Les éditions Panini ont donc pris l’heureuse initiative de proposer, à nouveau, les fumetti à succès de « Dylan Dog », dans l’ordre chronologique : une remise en avant plutôt réussie qui nous donne l’occasion de vous parler, plus en détail, de la …

Les éditions Panini ont donc pris l’heureuse initiative de proposer, à nouveau, les fumetti à succès de « Dylan Dog », dans l’ordre chronologique : une remise en avant plutôt réussie qui nous donne l’occasion de vous parler, plus en détail, de la carrière de l’imaginatif et énigmatique scénariste de cette bande dessinée populaire italienne devenue culte de l’autre côté des Alpes : Tiziano Sclavi.

D’autant plus que ce dernier a écrit (au moins jusqu’au n°250 de juillet 2007), puis a supervisé, la plupart des enquêtes horrifiques de Dylan Dog, privé londonien spécialisé dans les mystères étranges et inexpliqués ; voir http://www.sergiobonellieditore.it/auto/componi_collaboratori?id_pers=16.

« Dylan Dog » par Tiziano Sclavi et Angelo Stano dans la version des éditions Panini.

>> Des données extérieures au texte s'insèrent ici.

-- ===== src/Pim.antt =====
-- PimAware: alignment-preserving placement (pimkv/allocator.py). The pool is cut into frames of
-- `frame_size` blocks. A heap of `heapq` is a list kept in ascending order: the code pops the least
-- entry, pushes, and asks for the length.
pub mod Frames
pub mod Valid
pub mod Contract
pub mod Planning
pub mod Compaction
pub mod Methods
pub mod Admission
use chip_hackathon_f.Prelude.{
  ℕ, zero, suc, ◌+◌, ◌-◌, ◌*◌, ◌/◌, ◌%◌, ◌≡◌, Bool, true, false, not, ◌&&◌, ◌||◌, Option, none,
  some, List, [], ◌∷◌, ◌++◌, arith, ltb, leb, nat_beq, if◌then◌else◌, length, get_elem?, set, range,
}
use chip_hackathon_f.Dict.{Dict, get, put, erase}
use chip_hackathon_f.Exec.{
  Error, admission_failure, index_error, value_error, Result, ok, err, Exec, pure, raise, ◌>>=◌,
  ◌>>◌, continue,
}
use chip_hackathon_f.Alloc.{SeqId, scratch, seq_id_eq, Policy, Pool, new_pool}
use chip_hackathon_f.Alloc

pub data PlanMode : Type 0 where
  bestfit greedy : PlanMode

-- `compact_below` is the fraction `compact_num / compact_den`.
pub record PimState : Type 0 where
  pub frame_size : ℕ
  pub segregate_scratch : Bool
  pub plan_mode : PlanMode
  pub plans : Dict SeqId (List ℕ)
  pub compact_num : ℕ
  pub compact_den : ℕ
  pub blocks_copied : ℕ
  pub compactions : ℕ
  pub n_frames : ℕ
  pub frame_free : List (List ℕ)
  pub empty_frames : List ℕ
  pub affinity : Dict SeqId ℕ
  pub nfree : ℕ

-- `heapq.heappush`
unfoldable pub heap_push : ℕ → List ℕ → List ℕ
heap_push x [] = x ∷ []
heap_push x (y ∷ ys) = if leb x y then x ∷ y ∷ ys else y ∷ heap_push x ys

abbrev pub fresh_frames : ℕ → ℕ → List (List ℕ)
fresh_frames g zero = []
fresh_frames g (suc n) = range g ∷ fresh_frames g n

-- One frame of a planning pass: how many slots are free in frame f.
pub record Slot : Type 0 where
  pub room : ℕ
  pub frame : ℕ

-- The frames with all their slots free, and those with some, in index order.
unfoldable pub empties : ℕ → ℕ → List (List ℕ) → List ℕ
empties g f [] = []
empties g f (free ∷ rest) =
    if nat_beq (length free) g then f ∷ empties g (suc f) rest else empties g (suc f) rest

-- `partials.sort(reverse=True)` over `(k, -f, f)`: most room first, the lowest frame on ties.
abbrev pub before : Slot → Slot → Bool
before a b = ltb b.room a.room || (nat_beq a.room b.room && leb a.frame b.frame)

unfoldable pub insert_slot : Slot → List Slot → List Slot
insert_slot a [] = a ∷ []
insert_slot a (b ∷ bs) = if before a b then a ∷ b ∷ bs else b ∷ insert_slot a bs

unfoldable pub partials : ℕ → ℕ → List (List ℕ) → List Slot
unfolding insert_slot
partials g f [] = []
partials g f (free ∷ rest) =
    let others = partials g (suc f) rest in
    if nat_beq (length free) g || nat_beq (length free) 0
    then others
    else insert_slot (record { room = length free; frame = f }) others

abbrev pub whole_slots : ℕ → List ℕ → List Slot
whole_slots g [] = []
whole_slots g (f ∷ fs) = record { room = g; frame = f } ∷ whole_slots g fs

-- Both loops of `_plan_frames`: take frames until the capacity reaches n.
unfoldable pub choose : ℕ → ℕ → List Slot → List ℕ × ℕ
choose n cap [] = ([], cap)
choose n cap (a ∷ rest) =
    let (chosen, total) = choose n (cap + a.room) rest in
    if leb n cap then ([], cap) else (a.frame ∷ chosen, total)

-- Whole frames first, then the partial ones.
unfoldable pub plan : ℕ → ℕ → List (List ℕ) → List ℕ × ℕ
unfolding empties partials choose
plan n g frames =
    let (whole, cap) = choose n 0 (whole_slots g (empties g 0 frames)) in
    let (part, total) = choose n cap (partials g 0 frames) in (whole ++ part, total)

abbrev is_bestfit : PlanMode → Bool
is_bestfit bestfit = true
is_bestfit greedy = false

unfoldable pub plan_frames : SeqId → ℕ → PimState → PimState
plan_frames k n p =
    let (chosen, cap) = plan n p.frame_size p.frame_free in
    if is_bestfit p.plan_mode && ltb 0 n && leb n cap
    then record p { plans = put k chosen p.plans }
    else p

-- `while planned and not self.frame_free[planned[0]]: planned.pop(0)`; `none` is an IndexError.
unfoldable pub skip_full : List (List ℕ) → List ℕ → Option (List ℕ)
skip_full frames [] = some []
skip_full frames (f ∷ fs) = elim (get_elem? frames f) [
  | none ↦ none
  | some [] ↦ skip_full frames fs
  | some (off ∷ offs) ↦ some (f ∷ fs)
]

-- `while self.empty_frames`: the first frame that is still empty, and the rest of the heap.
unfoldable pub first_empty : ℕ → List (List ℕ) → List ℕ → Option (Option ℕ × List ℕ)
first_empty g frames [] = some (none, [])
first_empty g frames (f ∷ fs) = elim (get_elem? frames f) [
  | none ↦ none
  | some free ↦ if nat_beq (length free) g then some (some f, fs) else first_empty g frames fs
]

-- The frame with the most free slots, the lowest on ties; `none` is `best = -1`.
unfoldable pub most_free : ℕ → List (List ℕ) → Option ℕ → ℕ → Option ℕ
most_free f [] best best_free = best
most_free f (free ∷ rest) best best_free =
    let better = ltb best_free (length free) in
    most_free (suc f) rest (if better then some f else best)
      (if better then length free else best_free)

abbrev pub claim : SeqId → ℕ → PimState → Result ℕ × PimState
claim k f p = (ok f, record p { affinity = put k f p.affinity })

abbrev fallback : SeqId → Option ℕ → PimState → Result ℕ × PimState
fallback k none p = (err admission_failure, p)
fallback k (some f) p = claim k f p

abbrev from_empty : SeqId → Option (Option ℕ × List ℕ) → PimState → Result ℕ × PimState
from_empty k none p = (err index_error, p)
from_empty k (some (some f, heap)) p = claim k f (record p { empty_frames = heap })
from_empty k (some (none, heap)) p =
    fallback k (most_free 0 p.frame_free none 0) (record p { empty_frames = heap })

unfoldable pub pick_empty : SeqId → PimState → Result ℕ × PimState
unfolding first_empty most_free
pick_empty k p = from_empty k (first_empty p.frame_size p.frame_free p.empty_frames) p

-- `f is not None and self.frame_free[f]`
abbrev in_affine : SeqId → ℕ → Option (List ℕ) → PimState → Result ℕ × PimState
in_affine k f none p = (err index_error, p)
in_affine k f (some []) p = pick_empty k p
in_affine k f (some (off ∷ offs)) p = (ok f, p)

abbrev by_affinity : SeqId → Option ℕ → PimState → Result ℕ × PimState
by_affinity k none p = pick_empty k p
by_affinity k (some f) p = in_affine k f (get_elem? p.frame_free f) p

unfoldable pub pick_affine : SeqId → PimState → Result ℕ × PimState
pick_affine k p = by_affinity k (get k p.affinity) p

-- What is left of the plan after its full frames are dropped.
abbrev in_plan : SeqId → Option (List ℕ) → PimState → Result ℕ × PimState
in_plan k none p = (err index_error, p)
in_plan k (some []) p = pick_affine k (record p { plans = erase k p.plans })
in_plan k (some (f ∷ fs)) p = (ok f, record p { plans = put k (f ∷ fs) p.plans })

abbrev by_plan : SeqId → Option (List ℕ) → PimState → Result ℕ × PimState
by_plan k none p = pick_affine k p
by_plan k (some []) p = pick_affine k p
by_plan k (some (f ∷ fs)) p = in_plan k (skip_full p.frame_free (f ∷ fs)) p

unfoldable pub pick_frame : SeqId → PimState → Result ℕ × PimState
pick_frame k p = by_plan k (get k p.plans) p

-- `off = heapq.heappop(self.frame_free[f])`
abbrev pop_slot : ℕ → Option (List ℕ) → PimState → Result ℕ × PimState
pop_slot f none p = (err index_error, p)
pop_slot f (some []) p = (err index_error, p)
pop_slot f (some (off ∷ offs)) p = (
  ok (f * p.frame_size + off),
  record p { frame_free = set p.frame_free f offs; nfree = p.nfree - 1 },
)

abbrev pub take_slot : ℕ → PimState → Result ℕ × PimState
take_slot f p = pop_slot f (get_elem? p.frame_free f) p

unfoldable pub alloc_one : SeqId → PimState → Result ℕ × PimState
alloc_one k p = continue take_slot (pick_frame k p)

abbrev push_slot : ℕ → ℕ → Option (List ℕ) → PimState → Result (Unit {0}) × PimState
push_slot f off none p = (err index_error, p)
push_slot f off (some offs) p =
    let grown = heap_push off offs in
    (
      ok tt,
      record p {
        frame_free = set p.frame_free f grown;
        nfree = p.nfree + 1;
        empty_frames =
            if nat_beq (length grown) p.frame_size
            then heap_push f p.empty_frames
            else p.empty_frames;
      },
    )

unfoldable pub free_one : ℕ → PimState → Result (Unit {0}) × PimState
unfolding heap_push
free_one b p =
    push_slot (b / p.frame_size) (b % p.frame_size) (get_elem? p.frame_free (b / p.frame_size)) p

unfoldable pub num_free : PimState → ℕ
num_free p = p.nfree

abbrev pub policy : Policy PimState
policy = record { alloc_one = alloc_one; free_one = free_one; num_free = num_free }

-- `__init__`, which raises ValueError unless the pool is a whole number of frames.
unfoldable pub init_state : ℕ → ℕ → Bool → PlanMode → ℕ → ℕ → PimState
init_state num_blocks g segregate mode num den = record {
  frame_size = g;
  segregate_scratch = segregate;
  plan_mode = mode;
  plans = [];
  compact_num = num;
  compact_den = den;
  blocks_copied = 0;
  compactions = 0;
  n_frames = num_blocks / g;
  frame_free = fresh_frames g (num_blocks / g);
  empty_frames = range (num_blocks / g);
  affinity = [];
  nfree = num_blocks;
}

unfoldable pub init : ℕ → ℕ → Bool → PlanMode → ℕ → ℕ → Result (Pool PimState)
unfolding init_state new_pool
init num_blocks g segregate mode num den =
    if nat_beq (num_blocks % g) 0
    then ok (new_pool num_blocks (init_state num_blocks g segregate mode num den))
    else err value_error
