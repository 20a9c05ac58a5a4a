-- ===== src/Pim/Frames.antt =====
-- The free blocks of the frames, as one multiset.
use chip_hackathon_f.Prelude.{
  ℕ, zero, suc, ◌+◌, ◌*◌, ◌≡◌, refl, some, List, [], ◌∷◌, ◌++◌, arith, leb, nat_beq, indicator,
  count, count-append, length, get_elem?, set,
}
use chip_hackathon_f.Pim.{heap_push}

-- The block ids of the free offsets of frame f.
abbrev pub blocks_at : ℕ → ℕ → List ℕ → List ℕ
blocks_at g f [] = []
blocks_at g f (off ∷ offs) = (f * g + off) ∷ blocks_at g f offs

abbrev pub free_blocks : ℕ → ℕ → List (List ℕ) → List ℕ
free_blocks g f [] = []
free_blocks g f (offs ∷ rest) = blocks_at g f offs ++ free_blocks g (suc f) rest

abbrev pub room : List (List ℕ) → ℕ
room [] = 0
room (offs ∷ rest) = length offs + room rest

pub count-heap_push :
    (g f x y : ℕ) (offs : List ℕ)
    → count x (blocks_at g f (heap_push y offs))
      ≡ count x (blocks_at g f offs) + indicator (nat_beq (f * g + y) x)
unfolding heap_push
count-heap_push g f x y [] = omega arith
count-heap_push g f x y (z ∷ offs) = ground (arith, count-heap_push g f x y offs)

pub length-heap_push : (y : ℕ) (offs : List ℕ) → length (heap_push y offs) ≡ suc (length offs)
unfolding heap_push
length-heap_push y [] = refl
length-heap_push y (z ∷ offs) = ground (arith, length-heap_push y offs)

-- The entries of a list of frame numbers that name no frame.
abbrev pub strays : ℕ → List ℕ → ℕ
strays n [] = 0
strays n (f ∷ fs) = indicator (leb n f) + strays n fs

pub strays-append : (n : ℕ) (fs gs : List ℕ) → strays n (fs ++ gs) ≡ strays n fs + strays n gs
strays-append n [] gs = omega arith
strays-append n (f ∷ fs) gs = omega (arith, strays-append n fs gs)

pub strays-heap_push :
    (n f : ℕ) (fs : List ℕ) → strays n (heap_push f fs) ≡ indicator (leb n f) + strays n fs
unfolding heap_push
strays-heap_push n f [] = omega arith
strays-heap_push n f (h ∷ fs) = ground (arith, strays-heap_push n f fs)

-- What a write to one frame does to the multiset and to the number of free slots.
pub count-set_frame :
    (g x i f j : ℕ) (old new : List ℕ) (frames : List (List ℕ))
    → j ≡ i + f
    → get_elem? frames f ≡ some old
    → count x (free_blocks g i (set frames f new)) + count x (blocks_at g j old)
      ≡ count x (free_blocks g i frames) + count x (blocks_at g j new)
count-set_frame g x i f j old new [] h e = cc
count-set_frame g x i zero j old new (offs ∷ rest) h e =
    let p : j ≡ i = omega arith in
    rw p (
      ground (
        arith,
        count-append x (blocks_at g i offs) (free_blocks g (suc i) rest),
        count-append x (blocks_at g i new) (free_blocks g (suc i) rest),
      ))
count-set_frame g x i (suc f) j old new (offs ∷ rest) h e = omega (
  arith,
  count-append x (blocks_at g i offs) (free_blocks g (suc i) rest),
  count-append x (blocks_at g i offs) (free_blocks g (suc i) (set rest f new)),
  count-set_frame g x (suc i) f j old new rest (omega arith) e,
)

pub room-set :
    (f : ℕ) (old new : List ℕ) (frames : List (List ℕ))
    → get_elem? frames f ≡ some old
    → room (set frames f new) + length old ≡ room frames + length new
room-set f old new [] e = cc
room-set zero old new (offs ∷ rest) e = ground arith
room-set (suc f) old new (offs ∷ rest) e = omega (arith, room-set f old new rest e)
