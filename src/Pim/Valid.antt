-- ===== src/Pim/Valid.antt =====
-- The well-formedness of a PimAware state, and the frames that `_pick_frame` finds.
use chip_hackathon_f.Prelude.{
  ℕ, suc, ◌+◌, ◌*◌, ◌≤◌, ◌<◌, ◌≡◌, refl, ap, ◌∙◌, ◌⊎◌, inl, inr, none, some, Option, List, [], ◌∷◌,
  arith, leb, ltb, nat_beq, indicator, length, get_elem?, get_elem?-lt, take, Bool-cases, ◌++◌,
}
use chip_hackathon_f.Dict.{weight}
use chip_hackathon_f.Alloc.{SeqId, seq_id_eq}
use chip_hackathon_f.Pim.{PimState, skip_full, first_empty, most_free}
use chip_hackathon_f.Pim.Frames.{room, strays}

abbrev pub plan_strays : ℕ → SeqId → List ℕ → ℕ
plan_strays n k fs = strays n fs

abbrev pub frame_stray : ℕ → SeqId → ℕ → ℕ
frame_stray n k f = indicator (leb n f)

-- `size` is the number of blocks, and c the numerator of the compaction threshold. Every frame number in the state names a frame.
pub record IsValid (size c : ℕ) (p : PimState) : Type 0 where
  pub some_slots : 0 < p.frame_size
  pub setting : p.compact_num ≡ c
  pub frames : length p.frame_free ≡ p.n_frames
  pub covers : p.n_frames * p.frame_size ≡ size
  pub totals : p.nfree ≡ room p.frame_free
  pub planned : weight (plan_strays p.n_frames) p.plans ≡ 0
  pub affine : weight (frame_stray p.n_frames) p.affinity ≡ 0
  pub heap : strays p.n_frames p.empty_frames ≡ 0

-- A frame with a free slot.
pub record HasSlot (p : PimState) (f : ℕ) : Type 0 where
  pub off : ℕ
  pub offs : List ℕ
  pub found : get_elem? p.frame_free f ≡ some (off ∷ offs)

-- Frames without a free slot.
abbrev pub AllFull : List (List ℕ) → List ℕ → Type 0
AllFull frames [] = Unit {0}
AllFull frames (f ∷ fs) = (get_elem? frames f ≡ some []) × AllFull frames fs

-- Frames of which some slot is taken, in frames of g slots.
abbrev pub AllOpened : ℕ → List (List ℕ) → List ℕ → Type 0
AllOpened g frames [] = Unit {0}
AllOpened g frames (f ∷ fs) =
    ((free : List ℕ) × (get_elem? frames f ≡ some free) × ¬ (length free ≡ g))
    × AllOpened g frames fs

-- What `skip_full` leaves starts with the first frame that has a slot.
pub record Skipped (n : ℕ) (frames : List (List ℕ)) (fs : List ℕ) : Type 0 where
  pub full : List ℕ
  pub frame : ℕ
  pub rest : List ℕ
  pub off : ℕ
  pub offs : List ℕ
  pub split : fs ≡ full ++ frame ∷ rest
  pub all_full : AllFull frames full
  pub left : skip_full frames fs ≡ some (frame ∷ rest)
  pub found : get_elem? frames frame ≡ some (off ∷ offs)
  pub inside : strays n (frame ∷ rest) ≡ 0

pub skip_full-found :
    (n : ℕ) (frames : List (List ℕ)) (fs : List ℕ)
    → length frames ≡ n
    → strays n fs ≡ 0
    → ((skip_full frames fs ≡ some []) × AllFull frames fs) ⊎ Skipped n frames fs
unfolding skip_full
skip_full-found n frames [] h e = inl (refl, tt)
skip_full-found n frames (f ∷ fs) h e =
    go (get_elem?-lt frames f (ground arith)) (skip_full-found n frames fs h (ground arith))
  where
    go :
        (x : List ℕ) × (get_elem? frames f ≡ some x)
        → ((skip_full frames fs ≡ some []) × AllFull frames fs) ⊎ Skipped n frames fs
        → ((skip_full frames (f ∷ fs) ≡ some []) × AllFull frames (f ∷ fs))
          ⊎ Skipped n frames (f ∷ fs)
    go ([], p) (inl (q, all)) = inl (rw (p, skip_full) q, (p, all))
    go ([], p) (inr r) = inr (record {
      full = f ∷ r.full;
      frame = r.frame;
      rest = r.rest;
      off = r.off;
      offs = r.offs;
      split = ap (λ xs. f ∷ xs) r.split;
      all_full = (p, r.all_full);
      left = rw (p, skip_full) r.left;
      found = r.found;
      inside = r.inside;
    })
    go (off ∷ offs, p) r = inr (record {
      full = [];
      frame = f;
      rest = fs;
      off = off;
      offs = offs;
      split = refl;
      all_full = tt;
      left = rw (p, skip_full) refl;
      found = p;
      inside = e;
    })

-- The first frame of the heap that still is empty.
pub record Opened (n g : ℕ) (frames : List (List ℕ)) (fs : List ℕ) : Type 0 where
  pub passed : List ℕ
  pub frame : ℕ
  pub heap : List ℕ
  pub free : List ℕ
  pub split : fs ≡ passed ++ frame ∷ heap
  pub all_opened : AllOpened g frames passed
  pub left : first_empty g frames fs ≡ some (some frame, heap)
  pub at : get_elem? frames frame ≡ some free
  pub whole : length free ≡ g
  pub inside : strays n (frame ∷ heap) ≡ 0

-- `first_empty` finds a frame with every slot free, or has used up the heap.
pub first_empty-found :
    (n g : ℕ) (frames : List (List ℕ)) (fs : List ℕ)
    → 0 < g
    → length frames ≡ n
    → strays n fs ≡ 0
    → ((first_empty g frames fs ≡ some (none, [])) × AllOpened g frames fs) ⊎ Opened n g frames fs
unfolding first_empty
first_empty-found n g frames [] pos h e = inl (refl, tt)
first_empty-found n g frames (f ∷ fs) pos h e =
    let (free, p) = get_elem?-lt frames f (ground arith) in
    elim (Bool-cases (nat_beq (length free) g)) [
      | inl t ↦ inr (record {
        passed = [];
        frame = f;
        heap = fs;
        free = free;
        split = refl;
        all_opened = tt;
        left = rw (p, first_empty, t) refl;
        at = p;
        whole = ground (arith, t);
        inside = e;
      })
      | inr t ↦ elim (first_empty-found n g frames fs pos h (ground arith)) [
        | inl (q, all) ↦
            inl (rw (p, first_empty, t) q, ((free, p, λ same. ground (arith, t, same)), all))
        | inr r ↦ inr (record {
          passed = f ∷ r.passed;
          frame = r.frame;
          heap = r.heap;
          free = r.free;
          split = ap (λ xs. f ∷ xs) r.split;
          all_opened = ((free, p, λ same. ground (arith, t, same)), r.all_opened);
          left = rw (p, first_empty, t) r.left;
          at = r.at;
          whole = r.whole;
          inside = r.inside;
        })
      ]
    ]

abbrev pub AllLe : ℕ → List (List ℕ) → Type 0
AllLe b [] = Unit {0}
AllLe b (free ∷ rest) = (length free ≤ b) × AllLe b rest

abbrev pub AllLt : ℕ → List (List ℕ) → Type 0
AllLt b [] = Unit {0}
AllLt b (free ∷ rest) = (length free < b) × AllLt b rest

-- A frame that beats `best_free`, with the most free slots of all and more than any below it.
pub record Roomiest (i : ℕ) (frames : List (List ℕ)) (best_free : ℕ) (r : Option ℕ) : Type 0 where
  pub frame : ℕ
  pub free : List ℕ
  pub found : r ≡ some (i + frame)
  pub at : get_elem? frames frame ≡ some free
  pub beats : best_free < length free
  pub most : AllLe (length free) frames
  pub lowest : AllLt (length free) (take frame frames)

most_free-step :
    (i : ℕ) (free : List ℕ) (rest : List (List ℕ)) (b : ℕ) {r : Option ℕ}
    → length free ≤ b
    → Roomiest (suc i) rest b r
    → Roomiest i (free ∷ rest) b r
most_free-step i free rest b h m = record {
  frame = suc m.frame;
  free = m.free;
  found = m.found ∙ ap some (omega arith);
  at = m.at;
  beats = m.beats;
  most = (omega (arith, m.beats), m.most);
  lowest = (omega (arith, m.beats), m.lowest);
}

-- The scan for the roomiest frame keeps its candidate, which no frame beats, or finds a better one.
most_free-Roomiest :
    (i : ℕ) (frames : List (List ℕ)) (best : Option ℕ) (best_free : ℕ)
    → ((most_free i frames best best_free ≡ best) × AllLe best_free frames)
      ⊎ Roomiest i frames best_free (most_free i frames best best_free)
unfolding most_free
most_free-Roomiest i [] best best_free = inl (refl, tt)
most_free-Roomiest i (free ∷ rest) best best_free =
    elim (Bool-cases (ltb best_free (length free))) [
      | inl t ↦ rw t (elim (most_free-Roomiest (suc i) rest (some i) (length free)) [
        | inl (e, all) ↦ inr (record {
          frame = 0;
          free = free;
          found = e ∙ ap some (omega arith);
          at = refl;
          beats = ground arith;
          most = (omega arith, all);
          lowest = tt;
        })
        | inr m ↦
            let m' = most_free-step i free rest (length free) (omega arith) m in
            inr (record {
              frame = m'.frame;
              free = m'.free;
              found = m'.found;
              at = m'.at;
              beats = ground (arith, m'.beats);
              most = m'.most;
              lowest = m'.lowest;
            })
      ])
      | inr t ↦ rw t (elim (most_free-Roomiest (suc i) rest best best_free) [
        | inl (e, all) ↦ inl (e, (ground arith, all))
        | inr m ↦ inr (most_free-step i free rest best_free (ground arith) m)
      ])
    ]

room-none : (frames : List (List ℕ)) → AllLe 0 frames → room frames ≡ 0
room-none [] h = refl
room-none (free ∷ rest) h = omega (arith, room-none rest h.1)

-- Where some frame has a free slot, the fallback of `_pick_frame` finds a frame with the most free
-- slots, the lowest of those.
pub most_free-some :
    (frames : List (List ℕ)) → 0 < room frames → Roomiest 0 frames 0 (most_free 0 frames none 0)
most_free-some frames h = elim (most_free-Roomiest 0 frames none 0) [
  | inl (e, all) ↦ absurd (omega (arith, room-none frames all))
  | inr m ↦ m
]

Né le 3 avril 1953 à Broni, dans la province de Pavie, à environ soixante kilomètres de Milan en Italie, Tiziano Sclavi a touché, d’une façon ou d’une autre, à pratiquement toutes les facettes de l’écrit : il a été journaliste, scénariste pour la télévision, le cinéma et la bande dessinée, parolier de chansons, rédacteur publicitaire, écrivain de romans populaires et surtout policiers (Dellamorte dellamore adapté au cinéma en 1994 par Michele Soavi, Nero, Apocalisse, Tre, Non è successo niente, etc.) ou de fables philosophiques, dont certaines sont spécifiquement destinées aux enfants… De ce fait, il a collaboré à une multitude de revues, telles Messagero dei Ragazzi, Corriere dei Ragazzi, Il Giornalino, Il Mago, Amica, Salve, Corriere dei Piccoli, Corrier Boy, Millebri, Il Giornalino, etc.

Pendant ses études secondaires, en 1971, il commence à écrire des nouvelles pour les plus jeunes dans le Messaggero dei Ragazzi ; certaines d’entre elles sont signées du pseudonyme Francesco Argento : un hommage à l’auteur-compositeur Francesco Guccini et au réalisateur Dario Argento. Il s’inscrit ensuite à l’université, en littérature moderne, mais ayant déjà travaillé en étant rémunéré, il n’a guère envie de poursuivre ses études sans être rémunéré ; surtout que son ami Mino Milani lui suggère alors de s’installer à Milan, pour collaborer au Corriere dei Ragazzi, l’hebdomadaire jeunesse du quotidien Corriere della Serra, ainsi qu’à la revue de bande dessinée d’obédience catholique Il Giornalino et au magazine Il Mago.

Au Corriere dei Ragazzi, il va se lier d’amitié avec le scénariste Alfredo Castelli. Ensemble, en 1974, ils vont d’abord écrire quelques enquêtes de « Gli Aristocratici », la bande de voleurs experts que Ferdinando Tacconi met en images depuis l’année précédente. Quelques épisodes ont été proposés en langue française dans le petit format Rodéo, dans Pif Gadget (sous le titre « Les Gentlemen »), dans Super Aset en albums chez Hachette ; mais il ne semble pas qu’il s’agisse des histoires coécrites avec Sclavi.

« Gli Aristocratici », dans le Corriere dei Ragazzi, en 1974.

« Archivio Zero » par Paolo Morisi.

Au sein de ce même journal, on va aussi lui confier quelques scénarios de bandes dessinées aussi diverses que le thriller surréaliste humoristique « Altai & Jonson » mis en images par Giorgio Cavazzano entre 1975 et 1976, puis de 1978 à 1979, et une dernière fois en 1985 (cinq épisodes de dix pages chacun seront traduits en langue française dans l’ultime version de Pif Gadget, en 2007 et 2008) ou la série d’anticipation « Archivio Zero » illustrée par Paolo Morisi, entre 1975 et 1977.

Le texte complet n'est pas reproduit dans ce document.